▶ [YOUR ASSIGNMENT]: In the entries that follow, the line with "fetch_states impacts now (hop" opens the range and the line with "counts here as 0." closes it; repeat that range exactly, both lines included.

---

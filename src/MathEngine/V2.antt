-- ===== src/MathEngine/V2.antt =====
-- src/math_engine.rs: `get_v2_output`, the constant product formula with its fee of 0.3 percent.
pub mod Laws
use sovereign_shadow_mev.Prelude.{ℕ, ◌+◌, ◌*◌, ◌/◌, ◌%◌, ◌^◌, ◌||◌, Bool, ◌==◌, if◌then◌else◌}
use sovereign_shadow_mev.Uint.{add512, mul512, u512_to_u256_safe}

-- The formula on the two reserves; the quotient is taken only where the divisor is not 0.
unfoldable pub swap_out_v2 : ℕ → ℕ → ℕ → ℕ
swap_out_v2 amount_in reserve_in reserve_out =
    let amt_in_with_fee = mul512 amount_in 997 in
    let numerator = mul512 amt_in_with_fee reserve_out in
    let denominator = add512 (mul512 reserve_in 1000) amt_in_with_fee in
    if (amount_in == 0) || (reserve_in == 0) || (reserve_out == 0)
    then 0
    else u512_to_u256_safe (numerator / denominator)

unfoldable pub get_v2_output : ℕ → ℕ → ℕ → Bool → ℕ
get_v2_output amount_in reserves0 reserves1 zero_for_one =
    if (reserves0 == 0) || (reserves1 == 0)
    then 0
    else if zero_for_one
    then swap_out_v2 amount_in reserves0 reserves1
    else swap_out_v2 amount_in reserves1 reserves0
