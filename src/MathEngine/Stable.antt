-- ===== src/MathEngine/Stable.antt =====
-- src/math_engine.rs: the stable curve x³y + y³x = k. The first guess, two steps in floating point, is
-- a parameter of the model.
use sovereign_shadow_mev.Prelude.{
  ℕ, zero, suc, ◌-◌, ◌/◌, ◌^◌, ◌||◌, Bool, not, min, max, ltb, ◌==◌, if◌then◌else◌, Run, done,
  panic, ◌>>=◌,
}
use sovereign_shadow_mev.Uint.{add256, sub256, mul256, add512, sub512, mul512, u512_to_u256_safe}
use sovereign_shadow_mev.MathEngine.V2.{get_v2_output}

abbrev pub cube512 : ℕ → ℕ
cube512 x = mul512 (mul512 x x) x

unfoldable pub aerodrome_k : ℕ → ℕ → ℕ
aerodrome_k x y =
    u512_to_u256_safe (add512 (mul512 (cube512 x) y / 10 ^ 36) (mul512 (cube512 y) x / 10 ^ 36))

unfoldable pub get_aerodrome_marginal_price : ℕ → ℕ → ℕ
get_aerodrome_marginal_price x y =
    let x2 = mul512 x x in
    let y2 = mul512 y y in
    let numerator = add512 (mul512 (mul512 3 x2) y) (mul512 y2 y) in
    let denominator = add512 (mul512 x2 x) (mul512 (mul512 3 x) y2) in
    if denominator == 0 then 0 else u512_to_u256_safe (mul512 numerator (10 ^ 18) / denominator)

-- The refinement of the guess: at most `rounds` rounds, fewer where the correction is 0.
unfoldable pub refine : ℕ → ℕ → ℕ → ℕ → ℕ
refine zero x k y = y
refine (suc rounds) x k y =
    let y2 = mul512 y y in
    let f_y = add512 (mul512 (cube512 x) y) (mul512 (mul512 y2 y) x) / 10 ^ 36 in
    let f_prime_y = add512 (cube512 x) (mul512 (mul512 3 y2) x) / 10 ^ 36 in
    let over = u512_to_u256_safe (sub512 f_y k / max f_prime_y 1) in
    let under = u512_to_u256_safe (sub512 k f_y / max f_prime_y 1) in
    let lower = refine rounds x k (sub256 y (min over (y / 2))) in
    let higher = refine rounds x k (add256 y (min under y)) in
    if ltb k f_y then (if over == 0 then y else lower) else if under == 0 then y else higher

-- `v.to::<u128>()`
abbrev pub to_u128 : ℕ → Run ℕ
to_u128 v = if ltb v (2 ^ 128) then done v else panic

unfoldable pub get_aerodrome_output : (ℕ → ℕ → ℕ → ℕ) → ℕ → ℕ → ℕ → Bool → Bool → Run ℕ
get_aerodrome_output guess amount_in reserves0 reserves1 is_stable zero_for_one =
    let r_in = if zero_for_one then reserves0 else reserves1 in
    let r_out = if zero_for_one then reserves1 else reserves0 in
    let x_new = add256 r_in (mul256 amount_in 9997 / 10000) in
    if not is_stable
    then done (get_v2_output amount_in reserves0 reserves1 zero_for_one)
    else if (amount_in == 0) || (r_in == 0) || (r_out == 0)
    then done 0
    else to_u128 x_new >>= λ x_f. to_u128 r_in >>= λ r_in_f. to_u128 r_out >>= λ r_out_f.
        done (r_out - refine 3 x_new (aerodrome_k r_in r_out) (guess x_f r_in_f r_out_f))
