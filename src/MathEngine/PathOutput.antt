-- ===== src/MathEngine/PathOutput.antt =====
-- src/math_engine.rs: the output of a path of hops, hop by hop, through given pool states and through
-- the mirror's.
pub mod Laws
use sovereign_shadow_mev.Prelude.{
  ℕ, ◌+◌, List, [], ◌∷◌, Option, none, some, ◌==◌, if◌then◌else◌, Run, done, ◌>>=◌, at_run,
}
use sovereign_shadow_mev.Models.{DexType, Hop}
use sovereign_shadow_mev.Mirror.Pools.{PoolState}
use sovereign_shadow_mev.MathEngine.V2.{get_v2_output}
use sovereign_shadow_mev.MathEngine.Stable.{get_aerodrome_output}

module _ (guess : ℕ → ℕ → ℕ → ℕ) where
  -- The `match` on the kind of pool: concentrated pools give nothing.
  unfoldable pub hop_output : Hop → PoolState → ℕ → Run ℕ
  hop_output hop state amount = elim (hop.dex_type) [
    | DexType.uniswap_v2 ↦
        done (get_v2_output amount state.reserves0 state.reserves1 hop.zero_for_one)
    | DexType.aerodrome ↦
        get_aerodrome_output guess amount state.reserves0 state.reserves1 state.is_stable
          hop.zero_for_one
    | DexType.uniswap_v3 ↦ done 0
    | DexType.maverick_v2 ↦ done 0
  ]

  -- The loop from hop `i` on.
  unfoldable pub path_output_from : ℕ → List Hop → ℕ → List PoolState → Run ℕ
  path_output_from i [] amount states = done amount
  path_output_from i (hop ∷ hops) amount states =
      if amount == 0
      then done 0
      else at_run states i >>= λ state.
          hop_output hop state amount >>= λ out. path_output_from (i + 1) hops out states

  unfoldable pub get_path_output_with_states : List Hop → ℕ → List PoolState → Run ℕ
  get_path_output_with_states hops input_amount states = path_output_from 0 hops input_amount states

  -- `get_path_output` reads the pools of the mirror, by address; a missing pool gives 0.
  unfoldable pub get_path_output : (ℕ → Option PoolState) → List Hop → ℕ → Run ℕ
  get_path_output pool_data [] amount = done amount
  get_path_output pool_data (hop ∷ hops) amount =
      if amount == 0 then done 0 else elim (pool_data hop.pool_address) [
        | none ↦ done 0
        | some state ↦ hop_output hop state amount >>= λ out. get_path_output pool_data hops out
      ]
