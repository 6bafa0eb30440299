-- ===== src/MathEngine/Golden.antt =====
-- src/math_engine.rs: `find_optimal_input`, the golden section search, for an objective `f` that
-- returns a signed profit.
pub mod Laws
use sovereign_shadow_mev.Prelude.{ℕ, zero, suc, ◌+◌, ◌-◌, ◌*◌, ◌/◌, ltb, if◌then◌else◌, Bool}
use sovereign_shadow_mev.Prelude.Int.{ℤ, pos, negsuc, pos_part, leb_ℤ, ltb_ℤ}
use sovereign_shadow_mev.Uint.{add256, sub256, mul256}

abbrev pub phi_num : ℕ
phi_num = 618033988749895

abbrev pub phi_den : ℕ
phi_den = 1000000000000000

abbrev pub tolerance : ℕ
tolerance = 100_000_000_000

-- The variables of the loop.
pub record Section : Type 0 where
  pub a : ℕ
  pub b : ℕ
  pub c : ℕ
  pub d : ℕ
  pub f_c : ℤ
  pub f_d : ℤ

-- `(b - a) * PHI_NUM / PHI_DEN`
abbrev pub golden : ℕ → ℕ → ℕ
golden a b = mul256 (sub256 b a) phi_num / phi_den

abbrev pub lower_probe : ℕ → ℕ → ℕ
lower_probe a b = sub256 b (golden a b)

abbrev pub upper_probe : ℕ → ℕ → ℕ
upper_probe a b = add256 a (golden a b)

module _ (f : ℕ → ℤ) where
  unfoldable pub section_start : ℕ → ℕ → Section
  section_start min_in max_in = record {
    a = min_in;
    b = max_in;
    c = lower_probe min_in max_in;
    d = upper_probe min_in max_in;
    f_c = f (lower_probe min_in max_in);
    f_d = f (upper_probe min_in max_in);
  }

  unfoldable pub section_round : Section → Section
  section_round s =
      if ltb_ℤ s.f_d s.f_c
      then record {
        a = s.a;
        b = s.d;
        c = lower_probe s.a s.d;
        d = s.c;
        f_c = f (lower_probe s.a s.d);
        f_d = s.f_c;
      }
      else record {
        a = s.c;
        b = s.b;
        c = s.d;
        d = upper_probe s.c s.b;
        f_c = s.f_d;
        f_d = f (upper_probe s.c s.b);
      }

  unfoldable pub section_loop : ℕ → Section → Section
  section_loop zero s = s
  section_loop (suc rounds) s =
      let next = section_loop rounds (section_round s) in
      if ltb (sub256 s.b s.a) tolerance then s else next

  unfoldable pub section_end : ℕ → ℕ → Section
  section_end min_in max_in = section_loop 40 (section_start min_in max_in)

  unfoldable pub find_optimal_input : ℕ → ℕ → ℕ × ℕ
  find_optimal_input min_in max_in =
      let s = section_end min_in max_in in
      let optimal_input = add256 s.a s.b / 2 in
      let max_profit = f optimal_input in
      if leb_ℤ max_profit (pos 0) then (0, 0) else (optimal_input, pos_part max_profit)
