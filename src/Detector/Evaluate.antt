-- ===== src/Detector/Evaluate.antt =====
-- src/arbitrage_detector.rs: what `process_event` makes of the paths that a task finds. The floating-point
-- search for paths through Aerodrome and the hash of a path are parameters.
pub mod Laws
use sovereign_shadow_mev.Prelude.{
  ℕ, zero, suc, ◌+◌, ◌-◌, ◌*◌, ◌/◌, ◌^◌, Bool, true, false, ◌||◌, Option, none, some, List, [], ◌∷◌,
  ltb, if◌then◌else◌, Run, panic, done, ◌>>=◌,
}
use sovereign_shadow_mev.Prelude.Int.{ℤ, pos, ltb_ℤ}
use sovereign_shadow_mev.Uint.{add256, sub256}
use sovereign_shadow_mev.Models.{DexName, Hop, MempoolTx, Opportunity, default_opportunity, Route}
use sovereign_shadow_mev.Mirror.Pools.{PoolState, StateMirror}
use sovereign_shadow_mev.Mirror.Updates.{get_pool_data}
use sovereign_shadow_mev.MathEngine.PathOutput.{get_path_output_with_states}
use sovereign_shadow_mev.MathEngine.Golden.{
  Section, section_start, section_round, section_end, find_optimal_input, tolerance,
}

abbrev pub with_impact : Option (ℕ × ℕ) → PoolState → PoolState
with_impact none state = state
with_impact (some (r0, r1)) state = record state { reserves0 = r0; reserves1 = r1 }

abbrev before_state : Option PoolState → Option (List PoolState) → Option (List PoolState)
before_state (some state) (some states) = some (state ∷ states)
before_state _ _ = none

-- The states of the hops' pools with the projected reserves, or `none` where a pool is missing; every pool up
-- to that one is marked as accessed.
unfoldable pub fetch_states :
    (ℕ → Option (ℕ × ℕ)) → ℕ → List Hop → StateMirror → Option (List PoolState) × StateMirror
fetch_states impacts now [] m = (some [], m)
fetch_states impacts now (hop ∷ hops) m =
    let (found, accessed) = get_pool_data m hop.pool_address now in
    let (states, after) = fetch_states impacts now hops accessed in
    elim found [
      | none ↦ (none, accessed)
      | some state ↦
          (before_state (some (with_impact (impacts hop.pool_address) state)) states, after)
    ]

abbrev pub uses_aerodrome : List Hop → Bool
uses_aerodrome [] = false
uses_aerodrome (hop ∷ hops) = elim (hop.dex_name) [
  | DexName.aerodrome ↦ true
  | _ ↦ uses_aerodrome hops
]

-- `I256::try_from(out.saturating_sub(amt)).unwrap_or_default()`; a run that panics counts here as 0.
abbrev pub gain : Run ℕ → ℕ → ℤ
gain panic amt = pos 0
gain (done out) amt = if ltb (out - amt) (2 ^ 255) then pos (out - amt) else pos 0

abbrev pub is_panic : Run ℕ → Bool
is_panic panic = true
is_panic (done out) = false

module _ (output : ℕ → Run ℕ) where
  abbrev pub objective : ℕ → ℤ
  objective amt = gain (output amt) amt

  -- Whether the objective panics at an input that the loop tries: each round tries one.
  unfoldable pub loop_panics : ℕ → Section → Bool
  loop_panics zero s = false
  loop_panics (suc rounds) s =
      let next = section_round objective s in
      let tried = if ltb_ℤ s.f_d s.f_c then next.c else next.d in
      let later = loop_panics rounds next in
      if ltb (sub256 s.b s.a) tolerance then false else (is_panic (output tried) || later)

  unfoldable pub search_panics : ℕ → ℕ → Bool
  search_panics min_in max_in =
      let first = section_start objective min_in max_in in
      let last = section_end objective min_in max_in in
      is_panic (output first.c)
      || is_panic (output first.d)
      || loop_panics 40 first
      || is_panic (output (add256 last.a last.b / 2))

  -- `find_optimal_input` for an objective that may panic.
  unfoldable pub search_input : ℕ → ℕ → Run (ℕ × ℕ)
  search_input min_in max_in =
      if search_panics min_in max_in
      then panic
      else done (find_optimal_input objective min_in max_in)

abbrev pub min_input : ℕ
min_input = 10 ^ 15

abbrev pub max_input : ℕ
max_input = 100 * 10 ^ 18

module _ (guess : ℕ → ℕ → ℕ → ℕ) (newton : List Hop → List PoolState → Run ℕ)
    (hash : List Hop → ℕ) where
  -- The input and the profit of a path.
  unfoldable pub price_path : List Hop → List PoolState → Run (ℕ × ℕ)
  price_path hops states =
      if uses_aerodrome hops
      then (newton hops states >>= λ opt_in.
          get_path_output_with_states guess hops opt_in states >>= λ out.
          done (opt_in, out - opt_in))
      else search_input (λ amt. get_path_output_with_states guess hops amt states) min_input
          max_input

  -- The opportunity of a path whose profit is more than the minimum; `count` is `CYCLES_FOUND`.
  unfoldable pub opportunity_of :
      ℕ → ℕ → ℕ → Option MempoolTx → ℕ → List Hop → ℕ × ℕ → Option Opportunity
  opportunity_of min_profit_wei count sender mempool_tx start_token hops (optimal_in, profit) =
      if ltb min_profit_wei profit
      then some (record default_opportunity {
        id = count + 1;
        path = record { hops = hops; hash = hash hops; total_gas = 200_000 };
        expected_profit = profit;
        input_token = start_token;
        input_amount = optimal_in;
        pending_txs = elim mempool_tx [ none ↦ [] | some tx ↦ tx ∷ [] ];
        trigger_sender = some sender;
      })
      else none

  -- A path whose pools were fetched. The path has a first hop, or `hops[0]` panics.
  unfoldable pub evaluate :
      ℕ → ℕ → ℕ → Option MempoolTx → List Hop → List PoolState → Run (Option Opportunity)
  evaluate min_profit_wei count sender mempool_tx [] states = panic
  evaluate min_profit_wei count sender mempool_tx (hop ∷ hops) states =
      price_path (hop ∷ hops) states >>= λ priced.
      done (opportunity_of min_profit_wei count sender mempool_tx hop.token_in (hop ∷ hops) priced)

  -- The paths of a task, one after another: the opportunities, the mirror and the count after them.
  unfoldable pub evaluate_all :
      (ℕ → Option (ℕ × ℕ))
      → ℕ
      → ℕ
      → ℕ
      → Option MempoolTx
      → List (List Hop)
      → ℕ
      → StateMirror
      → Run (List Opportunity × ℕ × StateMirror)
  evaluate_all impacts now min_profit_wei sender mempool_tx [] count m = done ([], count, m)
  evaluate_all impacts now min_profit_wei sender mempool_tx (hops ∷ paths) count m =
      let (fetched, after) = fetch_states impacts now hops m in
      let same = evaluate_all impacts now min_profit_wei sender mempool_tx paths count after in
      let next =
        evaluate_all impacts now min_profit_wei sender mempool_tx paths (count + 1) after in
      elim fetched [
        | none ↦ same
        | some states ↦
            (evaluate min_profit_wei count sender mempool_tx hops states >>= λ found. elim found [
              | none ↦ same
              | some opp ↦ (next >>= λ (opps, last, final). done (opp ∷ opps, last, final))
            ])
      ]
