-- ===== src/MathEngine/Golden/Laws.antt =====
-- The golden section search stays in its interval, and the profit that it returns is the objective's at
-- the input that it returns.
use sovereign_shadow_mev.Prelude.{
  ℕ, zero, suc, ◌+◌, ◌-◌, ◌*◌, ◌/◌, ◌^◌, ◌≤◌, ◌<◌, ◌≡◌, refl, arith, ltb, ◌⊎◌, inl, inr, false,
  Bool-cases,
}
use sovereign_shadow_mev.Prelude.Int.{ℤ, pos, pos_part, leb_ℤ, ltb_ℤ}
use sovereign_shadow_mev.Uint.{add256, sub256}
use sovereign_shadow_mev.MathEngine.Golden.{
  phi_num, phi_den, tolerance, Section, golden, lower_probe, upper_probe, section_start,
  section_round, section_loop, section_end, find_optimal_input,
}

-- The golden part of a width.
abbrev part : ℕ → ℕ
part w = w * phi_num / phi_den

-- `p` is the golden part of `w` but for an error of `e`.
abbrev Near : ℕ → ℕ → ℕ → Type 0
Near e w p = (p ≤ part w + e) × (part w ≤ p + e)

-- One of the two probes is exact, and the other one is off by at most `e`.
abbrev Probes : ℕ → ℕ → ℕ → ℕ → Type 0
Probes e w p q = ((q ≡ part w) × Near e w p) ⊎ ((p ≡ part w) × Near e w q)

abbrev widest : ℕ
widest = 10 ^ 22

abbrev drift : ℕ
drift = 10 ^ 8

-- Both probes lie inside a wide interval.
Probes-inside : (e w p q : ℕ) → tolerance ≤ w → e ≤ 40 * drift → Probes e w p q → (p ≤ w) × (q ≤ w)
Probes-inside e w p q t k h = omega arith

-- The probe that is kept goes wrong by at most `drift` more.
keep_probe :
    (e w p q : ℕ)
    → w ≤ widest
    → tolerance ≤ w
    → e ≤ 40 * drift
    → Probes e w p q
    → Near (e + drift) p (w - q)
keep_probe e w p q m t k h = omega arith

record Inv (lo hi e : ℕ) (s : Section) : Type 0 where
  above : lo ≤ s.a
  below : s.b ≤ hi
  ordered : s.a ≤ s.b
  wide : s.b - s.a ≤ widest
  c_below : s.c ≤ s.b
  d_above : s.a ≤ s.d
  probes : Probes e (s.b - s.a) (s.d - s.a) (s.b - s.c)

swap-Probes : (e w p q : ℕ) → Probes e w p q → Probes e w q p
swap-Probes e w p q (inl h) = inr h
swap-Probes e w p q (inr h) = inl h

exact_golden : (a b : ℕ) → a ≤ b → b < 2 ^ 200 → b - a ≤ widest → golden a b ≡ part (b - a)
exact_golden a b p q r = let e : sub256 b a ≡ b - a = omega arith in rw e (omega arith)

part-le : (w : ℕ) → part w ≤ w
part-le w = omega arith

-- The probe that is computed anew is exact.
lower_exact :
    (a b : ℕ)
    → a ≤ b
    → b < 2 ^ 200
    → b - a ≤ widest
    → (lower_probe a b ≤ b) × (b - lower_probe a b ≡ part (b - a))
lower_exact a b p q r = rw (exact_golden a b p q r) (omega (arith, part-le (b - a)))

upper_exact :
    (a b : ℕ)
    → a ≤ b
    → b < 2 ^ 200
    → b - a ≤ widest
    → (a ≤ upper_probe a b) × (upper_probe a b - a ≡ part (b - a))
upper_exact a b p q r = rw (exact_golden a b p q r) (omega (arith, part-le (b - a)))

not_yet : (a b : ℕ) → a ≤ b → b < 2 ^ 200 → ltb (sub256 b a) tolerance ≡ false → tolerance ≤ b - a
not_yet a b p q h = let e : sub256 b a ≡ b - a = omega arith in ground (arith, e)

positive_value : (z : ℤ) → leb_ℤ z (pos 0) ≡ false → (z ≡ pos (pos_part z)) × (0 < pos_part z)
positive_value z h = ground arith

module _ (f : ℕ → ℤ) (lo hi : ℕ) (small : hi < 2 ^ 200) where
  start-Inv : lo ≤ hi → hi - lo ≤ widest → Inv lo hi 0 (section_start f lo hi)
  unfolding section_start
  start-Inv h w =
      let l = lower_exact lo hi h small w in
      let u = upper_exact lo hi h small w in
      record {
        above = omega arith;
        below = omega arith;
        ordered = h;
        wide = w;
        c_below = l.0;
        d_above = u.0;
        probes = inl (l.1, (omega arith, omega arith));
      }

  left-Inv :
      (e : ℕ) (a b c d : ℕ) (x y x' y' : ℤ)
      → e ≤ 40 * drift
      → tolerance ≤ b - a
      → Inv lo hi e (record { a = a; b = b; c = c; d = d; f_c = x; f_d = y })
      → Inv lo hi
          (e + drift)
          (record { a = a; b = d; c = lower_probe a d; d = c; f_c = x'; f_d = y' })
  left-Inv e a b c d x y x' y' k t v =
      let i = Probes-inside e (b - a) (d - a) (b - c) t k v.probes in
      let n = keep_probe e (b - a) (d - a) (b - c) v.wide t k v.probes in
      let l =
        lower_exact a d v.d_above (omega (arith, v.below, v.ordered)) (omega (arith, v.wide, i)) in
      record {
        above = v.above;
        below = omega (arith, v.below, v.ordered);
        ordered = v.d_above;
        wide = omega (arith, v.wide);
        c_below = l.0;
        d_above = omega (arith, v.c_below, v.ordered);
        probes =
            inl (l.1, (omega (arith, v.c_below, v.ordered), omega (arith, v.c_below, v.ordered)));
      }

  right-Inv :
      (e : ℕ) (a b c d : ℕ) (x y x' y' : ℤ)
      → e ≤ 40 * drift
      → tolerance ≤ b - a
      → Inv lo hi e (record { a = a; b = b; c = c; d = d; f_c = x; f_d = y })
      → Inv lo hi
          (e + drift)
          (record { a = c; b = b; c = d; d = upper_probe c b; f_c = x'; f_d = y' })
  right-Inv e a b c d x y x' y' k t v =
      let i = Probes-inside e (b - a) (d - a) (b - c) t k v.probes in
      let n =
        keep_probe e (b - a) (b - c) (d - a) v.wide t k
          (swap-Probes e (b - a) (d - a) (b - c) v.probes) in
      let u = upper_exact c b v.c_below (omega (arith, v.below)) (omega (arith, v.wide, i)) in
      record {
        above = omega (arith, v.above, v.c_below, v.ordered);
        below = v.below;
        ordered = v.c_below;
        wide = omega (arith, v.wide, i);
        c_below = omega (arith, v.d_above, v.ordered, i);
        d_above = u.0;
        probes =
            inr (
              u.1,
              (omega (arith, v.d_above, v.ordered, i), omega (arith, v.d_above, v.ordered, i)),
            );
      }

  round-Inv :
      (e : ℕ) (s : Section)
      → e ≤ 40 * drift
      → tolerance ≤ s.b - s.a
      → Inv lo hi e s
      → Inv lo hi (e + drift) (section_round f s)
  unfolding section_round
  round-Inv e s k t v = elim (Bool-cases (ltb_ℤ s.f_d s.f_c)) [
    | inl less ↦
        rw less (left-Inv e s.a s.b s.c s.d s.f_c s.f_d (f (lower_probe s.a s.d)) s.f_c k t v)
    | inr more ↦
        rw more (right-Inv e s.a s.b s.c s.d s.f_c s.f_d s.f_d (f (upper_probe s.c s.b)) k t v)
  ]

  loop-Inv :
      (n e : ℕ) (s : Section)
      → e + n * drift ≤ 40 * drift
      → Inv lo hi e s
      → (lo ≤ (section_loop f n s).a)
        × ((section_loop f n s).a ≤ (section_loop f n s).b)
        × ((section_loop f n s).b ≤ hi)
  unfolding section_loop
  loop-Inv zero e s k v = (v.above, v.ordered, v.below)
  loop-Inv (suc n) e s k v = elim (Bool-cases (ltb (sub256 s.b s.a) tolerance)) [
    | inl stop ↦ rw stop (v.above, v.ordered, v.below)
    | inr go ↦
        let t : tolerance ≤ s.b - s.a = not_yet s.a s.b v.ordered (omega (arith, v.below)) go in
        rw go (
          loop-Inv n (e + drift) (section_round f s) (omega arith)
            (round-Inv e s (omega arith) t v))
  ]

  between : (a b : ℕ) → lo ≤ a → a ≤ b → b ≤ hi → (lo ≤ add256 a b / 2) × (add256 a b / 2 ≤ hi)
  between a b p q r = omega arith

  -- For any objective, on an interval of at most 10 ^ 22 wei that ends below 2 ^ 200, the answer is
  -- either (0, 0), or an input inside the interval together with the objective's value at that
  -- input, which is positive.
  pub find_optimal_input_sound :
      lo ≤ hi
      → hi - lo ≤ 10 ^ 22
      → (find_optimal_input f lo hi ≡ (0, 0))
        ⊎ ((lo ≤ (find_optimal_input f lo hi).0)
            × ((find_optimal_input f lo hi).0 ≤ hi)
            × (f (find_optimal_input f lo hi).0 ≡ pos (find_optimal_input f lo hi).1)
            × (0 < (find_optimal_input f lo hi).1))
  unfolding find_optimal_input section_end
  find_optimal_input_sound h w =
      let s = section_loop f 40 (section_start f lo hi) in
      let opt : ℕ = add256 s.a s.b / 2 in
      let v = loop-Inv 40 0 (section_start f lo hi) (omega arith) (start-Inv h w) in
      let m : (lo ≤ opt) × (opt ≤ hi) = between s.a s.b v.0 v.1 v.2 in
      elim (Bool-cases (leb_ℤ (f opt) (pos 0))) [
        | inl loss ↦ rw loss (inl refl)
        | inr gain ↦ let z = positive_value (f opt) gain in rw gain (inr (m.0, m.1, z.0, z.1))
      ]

---

▶ [COMPLETED EXERCISE]:
fetch_states impacts now (hop ∷ hops) m =
    let (found, accessed) = get_pool_data m hop.pool_address now in
    let (states, after) = fetch_states impacts now hops accessed in
    elim found [
      | none ↦ (none, accessed)
      | some state ↦
          (before_state (some (with_impact (impacts hop.pool_address) state)) states, after)
    ]

abbrev pub uses_aerodrome : List Hop → Bool
uses_aerodrome [] = false
uses_aerodrome (hop ∷ hops) = elim (hop.dex_name) [
  | DexName.aerodrome ↦ true
  | _ ↦ uses_aerodrome hops
]

-- `I256::try_from(out.saturating_sub(amt)).unwrap_or_default()`; a run that panics counts here as 0.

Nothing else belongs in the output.